== Source material ==
· · · ·

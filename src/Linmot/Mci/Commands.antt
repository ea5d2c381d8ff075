-- ===== src/Linmot/Mci/Commands.antt =====
-- linmot/src/mci/commands.rs: the motion commands, their numbers and their parameters.
use puddle.Base.{ℕ}
use puddle.Base.Exec.{pure, ◌>>◌}
use puddle.Linmot.Units.{Position, Velocity, Acceleration, Jerk}
use puddle.Linmot.Writer.{Write, write_i32_le}

-- The fields of a constructor stand in the order of the source.
pub data Command : Type 0 where
  no_operation : Command
  vai_go_to_pos : Position → Velocity → Acceleration → Acceleration → Command
  vai_increment_dem_pos : Position → Velocity → Acceleration → Acceleration → Command
  vai_go_to_pos_from_act_pos_and_act_vel :
      Position → Velocity → Acceleration → Acceleration → Command
  vai_stop : Acceleration → Command
  p_stream_with_drive_generated_time_stamp : Position → Command
  pv_stream_with_drive_generated_time_stamp : Position → Velocity → Command
  p_stream_with_drive_generated_time_stamp_and_configured_period_time : Position → Command
  pv_stream_with_drive_generated_time_stamp_and_configured_period_time :
      Position → Velocity → Command
  pva_stream_with_drive_generated_time_stamp : Position → Velocity → Acceleration → Command
  pva_stream_with_drive_generated_time_stamp_and_configured_period_time :
      Position → Velocity → Acceleration → Command
  pva_stream_with_controller_generated_time_stamp : Position → Velocity → Acceleration → Command
  stop_stream : Command
  vaji_go_to_pos : Position → Velocity → Acceleration → Acceleration → Jerk → Command

unfoldable pub id : Command → ℕ
id no_operation = 0x000
id (vai_go_to_pos _ _ _ _) = 0x010
id (vai_increment_dem_pos _ _ _ _) = 0x011
id (vai_go_to_pos_from_act_pos_and_act_vel _ _ _ _) = 0x013
id (vai_stop _) = 0x017
id (p_stream_with_drive_generated_time_stamp _) = 0x030
id (pv_stream_with_drive_generated_time_stamp _ _) = 0x031
id (p_stream_with_drive_generated_time_stamp_and_configured_period_time _) = 0x032
id (pv_stream_with_drive_generated_time_stamp_and_configured_period_time _ _) = 0x033
id (pva_stream_with_drive_generated_time_stamp _ _ _) = 0x034
id (pva_stream_with_drive_generated_time_stamp_and_configured_period_time _ _ _) = 0x035
id (pva_stream_with_controller_generated_time_stamp _ _ _) = 0x03A
id stop_stream = 0x03F
id (vaji_go_to_pos _ _ _ _ _) = 0x3A0

unfoldable pub write_parameters : Command → Write
write_parameters no_operation = pure tt
write_parameters (vai_go_to_pos position velocity acceleration deceleration) = do
  write_i32_le position
  write_i32_le velocity
  write_i32_le acceleration
  write_i32_le deceleration
  pure tt
write_parameters (vai_increment_dem_pos increment velocity acceleration deceleration) = do
  write_i32_le increment
  write_i32_le velocity
  write_i32_le acceleration
  write_i32_le deceleration
  pure tt
write_parameters
      (vai_go_to_pos_from_act_pos_and_act_vel position velocity acceleration deceleration) =
    do
      write_i32_le position
      write_i32_le velocity
      write_i32_le acceleration
      write_i32_le deceleration
      pure tt
write_parameters (vai_stop deceleration) = do write_i32_le deceleration; pure tt
write_parameters (p_stream_with_drive_generated_time_stamp position) = do
  write_i32_le position
  pure tt
write_parameters (pv_stream_with_drive_generated_time_stamp position velocity) = do
  write_i32_le position
  write_i32_le velocity
  pure tt
write_parameters (p_stream_with_drive_generated_time_stamp_and_configured_period_time position) = do
  write_i32_le position
  pure tt
write_parameters
      (pv_stream_with_drive_generated_time_stamp_and_configured_period_time position velocity) =
    do write_i32_le position; write_i32_le velocity; pure tt
write_parameters (pva_stream_with_drive_generated_time_stamp position velocity acceleration) = do
  write_i32_le position
  write_i32_le velocity
  write_i32_le acceleration
  pure tt
write_parameters
      (pva_stream_with_drive_generated_time_stamp_and_configured_period_time position velocity
        acceleration) =
    do write_i32_le position; write_i32_le velocity; write_i32_le acceleration; pure tt
write_parameters (pva_stream_with_controller_generated_time_stamp position velocity acceleration) =
    do write_i32_le position; write_i32_le velocity; write_i32_le acceleration; pure tt
write_parameters stop_stream = pure tt
write_parameters (vaji_go_to_pos position velocity acceleration deceleration jerk) = do
  write_i32_le position
  write_i32_le velocity
  write_i32_le acceleration
  write_i32_le deceleration
  write_i32_le jerk
  pure tt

· · · ·

== Task details ==
Repeat everything in the listing above exactly.

== Task result ==
filename src/Linmot/Mci/Commands.antt
repository ea5d2c381d8ff075
-- ===== src/Linmot/Mci/Commands.antt =====
-- linmot/src/mci/commands.rs: the motion commands, their numbers and their parameters.
use puddle.Base.{ℕ}
use puddle.Base.Exec.{pure, ◌>>◌}
use puddle.Linmot.Units.{Position, Velocity, Acceleration, Jerk}
use puddle.Linmot.Writer.{Write, write_i32_le}

-- The fields of a constructor stand in the order of the source.
pub data Command : Type 0 where
  no_operation : Command
  vai_go_to_pos : Position → Velocity → Acceleration → Acceleration → Command
  vai_increment_dem_pos : Position → Velocity → Acceleration → Acceleration → Command
  vai_go_to_pos_from_act_pos_and_act_vel :
      Position → Velocity → Acceleration → Acceleration → Command
  vai_stop : Acceleration → Command
  p_stream_with_drive_generated_time_stamp : Position → Command
  pv_stream_with_drive_generated_time_stamp : Position → Velocity → Command
  p_stream_with_drive_generated_time_stamp_and_configured_period_time : Position → Command
  pv_stream_with_drive_generated_time_stamp_and_configured_period_time :
      Position → Velocity → Command
  pva_stream_with_drive_generated_time_stamp : Position → Velocity → Acceleration → Command
  pva_stream_with_drive_generated_time_stamp_and_configured_period_time :
      Position → Velocity → Acceleration → Command
  pva_stream_with_controller_generated_time_stamp : Position → Velocity → Acceleration → Command
  stop_stream : Command
  vaji_go_to_pos : Position → Velocity → Acceleration → Acceleration → Jerk → Command

unfoldable pub id : Command → ℕ
id no_operation = 0x000
id (vai_go_to_pos _ _ _ _) = 0x010
id (vai_increment_dem_pos _ _ _ _) = 0x011
id (vai_go_to_pos_from_act_pos_and_act_vel _ _ _ _) = 0x013
id (vai_stop _) = 0x017
id (p_stream_with_drive_generated_time_stamp _) = 0x030
id (pv_stream_with_drive_generated_time_stamp _ _) = 0x031
id (p_stream_with_drive_generated_time_stamp_and_configured_period_time _) = 0x032
id (pv_stream_with_drive_generated_time_stamp_and_configured_period_time _ _) = 0x033
id (pva_stream_with_drive_generated_time_stamp _ _ _) = 0x034
id (pva_stream_with_drive_generated_time_stamp_and_configured_period_time _ _ _) = 0x035
id (pva_stream_with_controller_generated_time_stamp _ _ _) = 0x03A
id stop_stream = 0x03F
id (vaji_go_to_pos _ _ _ _ _) = 0x3A0

unfoldable pub write_parameters : Command → Write
write_parameters no_operation = pure tt
write_parameters (vai_go_to_pos position velocity acceleration deceleration) = do
  write_i32_le position
  write_i32_le velocity
  write_i32_le acceleration
  write_i32_le deceleration
  pure tt
write_parameters (vai_increment_dem_pos increment velocity acceleration deceleration) = do
  write_i32_le increment
  write_i32_le velocity
  write_i32_le acceleration
  write_i32_le deceleration
  pure tt
write_parameters
      (vai_go_to_pos_from_act_pos_and_act_vel position velocity acceleration deceleration) =
    do
      write_i32_le position
      write_i32_le velocity
      write_i32_le acceleration
      write_i32_le deceleration
      pure tt
write_parameters (vai_stop deceleration) = do write_i32_le deceleration; pure tt
write_parameters (p_stream_with_drive_generated_time_stamp position) = do
  write_i32_le position
  pure tt
write_parameters (pv_stream_with_drive_generated_time_stamp position velocity) = do
  write_i32_le position
  write_i32_le velocity
  pure tt
write_parameters (p_stream_with_drive_generated_time_stamp_and_configured_period_time position) = do
  write_i32_le position
  pure tt
write_parameters
      (pv_stream_with_drive_generated_time_stamp_and_configured_period_time position velocity) =
    do write_i32_le position; write_i32_le velocity; pure tt
write_parameters (pva_stream_with_drive_generated_time_stamp position velocity acceleration) = do
  write_i32_le position
  write_i32_le velocity
  write_i32_le acceleration
  pure tt
write_parameters
      (pva_stream_with_drive_generated_time_stamp_and_configured_period_time position velocity
        acceleration) =
    do write_i32_le position; write_i32_le velocity; write_i32_le acceleration; pure tt
write_parameters (pva_stream_with_controller_generated_time_stamp position velocity acceleration) =
    do write_i32_le position; write_i32_le velocity; write_i32_le acceleration; pure tt
write_parameters stop_stream = pure tt
write_parameters (vaji_go_to_pos position velocity acceleration deceleration jerk) = do
  write_i32_le position
  write_i32_le velocity
  write_i32_le acceleration
  write_i32_le deceleration
  write_i32_le jerk
  pure tt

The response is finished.